Вот послушайте, какую телеграмму я получил от него в ноябре, примерно через месяц после возвращения из Твинг-Холла.


«Берти, старина, я наконец влюбился. Самая замечательная девушка на свете, Берти, старина. На этот раз все действительно серьезно, Берти. Приезжай немедленно и захвати Дживса. Послушай, ты знаешь табачный магазин на Бонд-стрит, слева, если идти к центру. Купи сотню их фирменных сигарет и пришли мне. У меня все вышли. Уверен, когда ты ее увидишь, ты согласишься: она самая замечательная девушка на свете. Обязательно привези Дживса. Не забудь сигареты.

Бинго».


Телеграмма была отправлена на твингской почте. Я представил, как эту жуткую ахинею, раскрыв рот, читает деревенская почтмейстерша, главная разносчица местных сплетен; не сомневаюсь, что она уже растрезвонила новость по всей округе. Посылать такую телеграмму с деревенской почты – все равно что нанять глашатая. Помню, мальчишкой я читал про рыцарей, викингов и всяких там менестрелей, которые без тени смущения вставали во время многолюдного пира и принимались распевать про то, как они обожают свою прекрасную и ненаглядную. Думаю, Бинго нужно было родиться в ту эпоху.

Дживс принес телеграмму вместе со стаканом виски на сон грядущий, и я дал ему ее прочесть.

– Этого следовало ожидать, – сказал я. – Бинго не влюблялся целых два месяца. Интересно, кого он откопал на этот раз?

– Мисс Мэри Берджесс, сэр, племянницу преподобного мистера Хеппенстола, – сказал Дживс. – Она гостит у своего дяди в Твинге.

– Черт подери! – Я привык, что Дживс знает все на свете, но это уже похоже на ясновидение. – Как вы узнали?
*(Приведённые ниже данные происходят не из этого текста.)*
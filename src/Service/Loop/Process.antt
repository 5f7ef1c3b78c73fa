-- ===== src/Service/Loop/Process.antt =====
-- service.py: `run`, the loop of the ticks and the `finally` that follows it. A stop is read after a
-- tick, where the loop reads it; an interrupt in the middle of a handler is not modelled.
use polymarket_event_quant.Base.{
  ℕ, String, Bool, true, false, Option, none, some, List, [], ◌∷◌, Result, ok, err, if◌then◌else◌,
  find, ◌==◌,
}
use polymarket_event_quant.Database.{Db, Run, RunStatus, start_run, stop_run, event}
use polymarket_event_quant.Exchange.{Exc}
use polymarket_event_quant.Exchange.Client.{Client}
use polymarket_event_quant.Service.{Bot, Settings}
use polymarket_event_quant.Service.Monad.{Action, ◌>>=◌, ◌>>◌, pure, modify, log}
use polymarket_event_quant.Service.Reconcile.{drain_reconciliation_updates}
use polymarket_event_quant.Service.Cancel.{cancel_tracked_orders}
use polymarket_event_quant.Service.Placement.Steps.{Desk}
use polymarket_event_quant.Service.Loop.{
  Inbox, Times, Polls, tick, if_live, drain_stream, drain_market_activation_updates,
}

-- how the loop of `run` ends: not yet, by Ctrl+C after a tick, or by an exception
pub data End : Type 0 where
  going interrupted : End
  failed : Exc → End

abbrev pub is_interrupted : End → Bool
is_interrupted interrupted = true
is_interrupted going = false
is_interrupted (failed e) = false

-- `SELECT status FROM runs WHERE id=?`, compared with "running"
abbrev pub is_running : Option Run → Bool
is_running none = false
is_running (some r) = elim r.status [ RunStatus.running ↦ true | _ ↦ false ]

abbrev pub run_row : ℕ → Db → Option Run
run_row run_id db = find (λ r. r.id == run_id) db.runs

module _ (client : Client) (desk : Desk) (settings : Settings) (polls : Polls) where
  -- a tick, and whether a stop came in during it
  unfoldable pub run_ticks : List (Inbox × Bool) → Times → Bot → End × Bot
  run_ticks [] times b = (going, b)
  run_ticks ((i, stop) ∷ rounds) times b =
      let (r, b') = tick client desk settings polls i times b in
      elim r [
        | err e ↦ (failed e, b')
        | ok times' ↦ if stop then (interrupted, b') else run_ticks rounds times' b'
      ]

  -- a failed run is recorded before anything is stopped
  abbrev pub record_end : ℕ → End → Action (Unit {0})
  record_end now (failed e) =
      modify (stop_run now settings.run_id RunStatus.failed (some e))
      >> log now settings.run_id "ERROR" "run_failed" none
  record_end now going = pure tt
  record_end now interrupted = pure tt

  abbrev pub stop_if_running : ℕ → Action (Unit {0})
  stop_if_running now b =
      (if is_running (run_row settings.run_id b.db)
          then modify (stop_run now settings.run_id RunStatus.stopped none)
          else pure tt)
        b

  abbrev pub drain_stream_last : Inbox → Action (Unit {0})
  drain_stream_last i = drain_stream client settings polls i >>= λ _. pure tt

  abbrev pub cancel_if : ℕ → Bool → Action (Unit {0})
  cancel_if now true = cancel_tracked_orders client settings now
  cancel_if now false = pure tt

  abbrev pub last_drains : Inbox → Action (Unit {0})
  last_drains i =
      (if settings.activation
        then drain_market_activation_updates settings i.now_ts i.activation
        else pure tt)
      >> if_live client settings polls
          (drain_reconciliation_updates settings i.now_ts client i.reconciled)
      >> drain_stream_last i

  abbrev pub close_run : ℕ → Bool → Action (Unit {0})
  close_run now by_stop = cancel_if now by_stop >> stop_if_running now

  -- the `finally` of `run`: the last updates, the cancels of a stop, and the row of the run
  unfoldable pub shut_down : Inbox → End → Action (Unit {0})
  shut_down i end = last_drains i >> close_run i.now_ts (is_interrupted end)

  -- the loop and what follows it, in a run whose row is there
  unfoldable pub run_rest :
      List (Inbox × Bool) → Inbox → Times → Bot → End × (Result Exc (Unit {0}) × Bot)
  run_rest rounds last times b =
      let (end, b') = run_ticks rounds times b in
      (end, (record_end last.now_ts end >> shut_down last end) b')

-- the row of the run, its event, and the loop
unfoldable pub run :
    Client
    → Desk
    → Settings
    → Polls
    → String
    → String
    → ℕ
    → List (Inbox × Bool)
    → Inbox
    → Bot
    → End × (Result Exc (Unit {0}) × Bot)
run client desk settings polls mode plan_json now rounds last b =
    let (db, run_id) = start_run now mode plan_json b.db in
    let s = record settings { run_id = run_id } in
    run_rest client desk s polls rounds last (record { last_discovery = 0; last_reconcile = 0 })
      (record b { db = event now (some run_id) "INFO" "run_started" none db })
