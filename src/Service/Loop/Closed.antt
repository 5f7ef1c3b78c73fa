-- ===== src/Service/Loop/Closed.antt =====
-- What a run leaves behind when it has been shut down.
use polymarket_event_quant.Base.{
  ℕ, String, ◌≡◌, refl, Bool, true, false, Option, none, List, [], ◌∷◌, ok, arith, if◌then◌else◌,
  find, ◌==◌, map, Bool-cases, inl, inr, suc, ◌⊎◌,
}
use polymarket_event_quant.Database.{Db, Run, RunStatus, stop_run, stop_row, start_run}
use polymarket_event_quant.Exchange.Client.{Client}
use polymarket_event_quant.Service.{Bot, Settings}
use polymarket_event_quant.Service.Monad.{pure, modify}
use polymarket_event_quant.Service.Monad.Ends.{bind-outcome}
use polymarket_event_quant.Service.Placement.Steps.{Desk}
use polymarket_event_quant.Service.Cancel.Shutdown.{cancel_tracked_orders-IsAsked, IsAsked}
use polymarket_event_quant.Service.Loop.{Inbox, Times, Polls}
use polymarket_event_quant.Service.Loop.Process.{
  End, run_rest, run_ticks, shut_down, stop_if_running, is_running, run_row, record_end, cancel_if,
  is_interrupted, last_drains, close_run, run,
}

abbrev is_run : ℕ → Run → Bool
is_run run_id r = r.id == run_id

stop_row-running :
    (now run_id : ℕ) (message : Option String) (runs : List Run)
    → is_running (find (is_run run_id) (map (stop_row now run_id RunStatus.stopped message) runs))
      ≡ false
stop_row-running now run_id message [] = refl
stop_row-running now run_id message (r ∷ runs) = elim (Bool-cases (r.id == run_id)) [
  | inl e ↦ rw (e, e) refl
  | inr e ↦ rw (e, e) (stop_row-running now run_id message runs)
]

-- what a closed run has left: its row is not running, and where it was stopped, what is
-- open has been asked of the venue
abbrev pub IsClosed : Client → ℕ → Bool → Db → Type 0
IsClosed client run_id by_stop db =
    (is_running (run_row run_id db) ≡ false) × ((by_stop ≡ false) ⊎ (IsAsked client db))

module _ (client : Client) (desk : Desk) (settings : Settings) (polls : Polls) where
  stop_if-IsClosed :
      (now : ℕ) (by_stop running : Bool) (b : Bot)
      → is_running (run_row settings.run_id b.db) ≡ running
      → (by_stop ≡ false) ⊎ (IsAsked client b.db)
      → IsClosed client settings.run_id by_stop
          ((if running
              then modify (stop_run now settings.run_id RunStatus.stopped none)
              else pure tt)
            b).1.db
  unfolding stop_run
  stop_if-IsClosed now by_stop true b q h = (stop_row-running now settings.run_id none b.db.runs, h)
  stop_if-IsClosed now by_stop false b q h = (q, h)

  cancel_if-none :
      (now : ℕ) (by_stop : Bool) (b : Bot)
      → (by_stop ≡ false) ⊎ IsAsked client (cancel_if client desk settings polls now by_stop b).1.db
  cancel_if-none now true b = inr (cancel_tracked_orders-IsAsked client settings now b)
  cancel_if-none now false b = inl refl

  close_run-IsClosed :
      (now : ℕ) (by_stop : Bool) (b : Bot)
      → (close_run client desk settings polls now by_stop b).0 ≡ ok tt
      → IsClosed client settings.run_id by_stop
          (close_run client desk settings polls now by_stop b).1.db
  close_run-IsClosed now by_stop b =
      bind-outcome (λ end. end.0 ≡ ok tt → IsClosed client settings.run_id by_stop end.1.db)
        (cancel_if client desk settings polls now by_stop)
        (λ _. stop_if_running client desk settings polls now) b
        (λ _ p h.
          stop_if-IsClosed now by_stop _ (cancel_if client desk settings polls now by_stop b).1 refl
            (cancel_if-none now by_stop b))
        (λ e p h. absurd (grind arith))

  shut_down-IsClosed :
      (last : Inbox) (end : End) (b : Bot)
      → (shut_down client desk settings polls last end b).0 ≡ ok tt
      → IsClosed client settings.run_id
          (is_interrupted end)
          (shut_down client desk settings polls last end b).1.db
  unfolding shut_down
  shut_down-IsClosed last end b =
      bind-outcome (λ r. r.0 ≡ ok tt → IsClosed client settings.run_id (is_interrupted end) r.1.db)
        (last_drains client desk settings polls last)
        (λ _. close_run client desk settings polls last.now_ts (is_interrupted end)) b
        (λ _ p. close_run-IsClosed last.now_ts (is_interrupted end) _)
        (λ e p h. absurd (grind arith))

  run_rest-IsClosed :
      (rounds : List (Inbox × Bool)) (last : Inbox) (times : Times) (b : Bot)
      → (run_rest client desk settings polls rounds last times b).1.0 ≡ ok tt
      → IsClosed client settings.run_id
          (is_interrupted (run_rest client desk settings polls rounds last times b).0)
          (run_rest client desk settings polls rounds last times b).1.1.db
  unfolding run_rest
  run_rest-IsClosed rounds last times b =
      let (end, b') = run_ticks client desk settings polls rounds times b in
      bind-outcome (λ r. r.0 ≡ ok tt → IsClosed client settings.run_id (is_interrupted end) r.1.db)
        (record_end client desk settings polls last.now_ts end)
        (λ _. shut_down client desk settings polls last end) b'
        (λ _ p. shut_down-IsClosed last end _) (λ e p h. absurd (grind arith))

-- However the loop of a run ends, by a stop or by an exception in some tick, a run whose shut-down
-- returns is not left running in the table of runs. And after a stop, an order is left open, in a
-- known market, only where its cancel has been requested in a call of the client that names it, and
-- that call raised or its answer names the order neither as cancelled nor as ended before.
pub run-IsClosed :
    (client : Client) (desk : Desk) (settings : Settings) (polls : Polls) (mode plan_json : String)
    (now : ℕ) (rounds : List (Inbox × Bool)) (last : Inbox) (b : Bot)
    → (run client desk settings polls mode plan_json now rounds last b).1.0 ≡ ok tt
    → IsClosed client
        (suc b.db.last_run_id)
        (is_interrupted (run client desk settings polls mode plan_json now rounds last b).0)
        (run client desk settings polls mode plan_json now rounds last b).1.1.db
unfolding run start_run
run-IsClosed client desk settings polls mode plan_json now rounds last b =
    run_rest-IsClosed client desk (record settings { run_id = suc b.db.last_run_id }) polls rounds
      last _ _
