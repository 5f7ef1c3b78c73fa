-- ===== src/Service/Loop/Gates.antt =====
-- What a block of the venue does to a tick of the loop.
use mathlib.Core.Path.{subst}
use polymarket_event_quant.Base.{
  ℕ, ◌≡◌, refl, Bool, true, false, List, [], ◌∷◌, any, Result, ok, err, arith, if◌then◌else◌,
  Bool-cases, inl, inr, ◌∙◌, sym, ap,
}
use polymarket_event_quant.Exchange.{Exc}
use polymarket_event_quant.Exchange.Client.{Client}
use polymarket_event_quant.Geoblock.{GeoblockReply, GeoblockUpdate, GeoblockWorker, run_checks}
use polymarket_event_quant.Geoblock.Blocked.{is_block, run_checks-blocked}
use polymarket_event_quant.Service.{Bot, Settings}
use polymarket_event_quant.Service.Monad.{Action, ◌>>=◌, ◌>>◌, pure}
use polymarket_event_quant.Service.Placement.Steps.{Desk}
use polymarket_event_quant.Service.Loop.{
  Inbox, Times, Polls, tick, tick_first, drain_geoblock_updates, blocked_text, note_update,
  tick_drains, tick_places, tick_rest, if_live, reconcile_step,
}
use polymarket_event_quant.Service.Monad.Ends.{bind-outcome}
use polymarket_event_quant.Service.Cancel.{cancel_due_orders}

-- an end by an exception
abbrev pub Raises {ℓ} : {A : Type ℓ} → Result Exc A → Type ℓ
Raises r = (e : Exc) × (r ≡ err e)

module _ {ℓ κ} {A : Type ℓ} {B : Type κ} (m : Action A) (f : A → Action B) (b : Bot) where
  -- a handler that raises ends the handlers after it, in the state that it leaves
  Raises-first : Raises (m b).0 → Raises ((m >>= f) b).0 × (((m >>= f) b).1 ≡ (m b).1)
  Raises-first (e, q) =
      bind-outcome (λ end. Raises end.0 × (end.1 ≡ (m b).1)) m f b
        (λ a p. absurd (grind (arith, p, q))) (λ e' p. ((e', refl), refl))

  Raises-then : ((a : A) (b' : Bot) → Raises (f a b').0) → Raises ((m >>= f) b).0
  Raises-then h = bind-outcome (λ end. Raises end.0) m f b (λ a p. h a (m b).1) (λ e p. (e, refl))

module _ {ℓ κ μ} {A : Type ℓ} {B : Type κ} {C : Type μ} where
  value-state :
      (r : Result Exc A) (f : A → Action B) (g : A → Action C) (c : Bot)
      → ((a : A) → (f a c).1 ≡ (g a c).1)
      → (◌>>=◌ (λ b. (r, b)) f c).1 ≡ (◌>>=◌ (λ b. (r, b)) g c).1
  value-state (ok a) f g c h = h a
  value-state (err e) f g c h = refl

  -- what follows a handler counts by the state that it leaves
  bind-state :
      (m : Action A) (f : A → Action B) (g : A → Action C) (b : Bot)
      → ((a : A) (c : Bot) → (f a c).1 ≡ (g a c).1)
      → ((m >>= f) b).1 ≡ ((m >>= g) b).1
  bind-state m f g b h = let (r, c) = m b in value-state r f g c (λ a. h a c)

drain_blocked :
    (settings : Settings) (now : ℕ) (us : List GeoblockUpdate) (b : Bot)
    → any (λ u. u.blocked) us ≡ true
    → Raises (drain_geoblock_updates settings now us b).0
unfolding drain_geoblock_updates
drain_blocked settings now [] b h = absurd (grind arith)
drain_blocked settings now (u ∷ us) b h = elim (Bool-cases u.blocked) [
  | inl q ↦ (blocked_text, rw q refl)
  | inr q ↦ rw q (
      Raises-then (note_update settings now u) (λ _. drain_geoblock_updates settings now us) b
        (λ _ b'. drain_blocked settings now us b' (ground (arith, h, q))))
]

if-Raises :
    (m : Action (Unit {0})) (live : Bool) (b : Bot)
    → live ≡ true
    → Raises (m b).0
    → Raises ((if live then m else pure tt) b).0
if-Raises m true b q h = h
if-Raises m false b q h = absurd (grind arith)

module _ (client : Client) (desk : Desk) (settings : Settings) (polls : Polls) (i : Inbox)
    (times : Times) (b : Bot) where
  abbrev drained : Action (Unit {0})
  drained = drain_geoblock_updates settings i.now_ts i.geoblock

  live-drained :
      settings.live ≡ true → (c : Bot) → if_live client settings polls drained c ≡ drained c
  live-drained live c = rw live refl

  -- the rest of a tick that reads a block
  rest-Raises :
      settings.live ≡ true
      → any (λ u. u.blocked) i.geoblock ≡ true
      → (recovered : Bool) (c : Bot)
      → Raises (tick_rest client settings polls i times recovered c).0
        × ((tick_rest client settings polls i times recovered c).1 ≡ (drained c).1)
  rest-Raises live h recovered c =
      let same = live-drained live c in
      let first =
        Raises-first (if_live client settings polls drained)
          (λ _. cancel_due_orders client settings i.now_ts) c
          (subst (λ end. Raises end.0) (sym same)
            (drain_blocked settings i.now_ts i.geoblock c h)) in
      let rest =
        Raises-first
          (if_live client settings polls drained >> cancel_due_orders client settings i.now_ts)
          (λ _. reconcile_step client settings polls i times recovered) c first.0 in
      (rest.0, rest.1 ∙ first.1 ∙ ap (λ end. end.1) same)

  -- A block that a check of the geoblock service found ends the tick of a live run that reads it,
  -- whatever the checks after the block say. The tick raises, in the state in which it
  -- has worked off the queues of the other workers, which may still place exits, and, if none of them
  -- raised, has taken the geoblock updates up to the block: it makes no due cancel, no
  -- reconciliation, no discovery and no placement of a queued market.
  pub block_stops_tick :
      (answers : List (Result Exc GeoblockReply)) (w : GeoblockWorker)
      → settings.live ≡ true
      → any is_block answers ≡ true
      → i.geoblock ≡ (run_checks answers w).updates
      → Raises (tick client desk settings polls i times b).0
        × ((tick client desk settings polls i times b).1
            ≡ ((tick_drains client settings polls i >>= λ _.
                  drain_geoblock_updates settings i.now_ts i.geoblock)
                b).1)
  unfolding tick tick_first
  block_stops_tick answers w live h q =
      let blocked : any (λ u. u.blocked) i.geoblock ≡ true =
        rw q (ground (arith, (run_checks-blocked answers w).0, h)) in
      let first =
        Raises-first (tick_first client settings polls i times)
          (tick_places client desk settings polls i) b
          (Raises-then (tick_drains client settings polls i)
            (tick_rest client settings polls i times) b
            (λ recovered c. (rest-Raises live blocked recovered c).0)) in
      (
        first.0,
        first.1
            ∙ bind-state (tick_drains client settings polls i)
                (tick_rest client settings polls i times) (λ _. drained) b
                (λ recovered c. (rest-Raises live blocked recovered c).1),
      )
– Когда мы жили в Твинг-Холле этим летом, сэр, я подружился с дворецким мистера Хеппенстола. Время от времени он любезно сообщает мне местные новости. По его словам, сэр, это весьма достойная молодая леди, очень серьезная и положительная. Мистер Литтл очень в нее влюблен, сэр. Брукфилд, мой корреспондент, утверждает, что видел на прошлой неделе, как лунной ночью он целый час не спускал глаз с его окна.

– С чьего окна? Брукфилда?

– Да, сэр. По всей видимости, он полагал, что это окно юной леди.

– А какого дьявола Бинго делает в Твинге?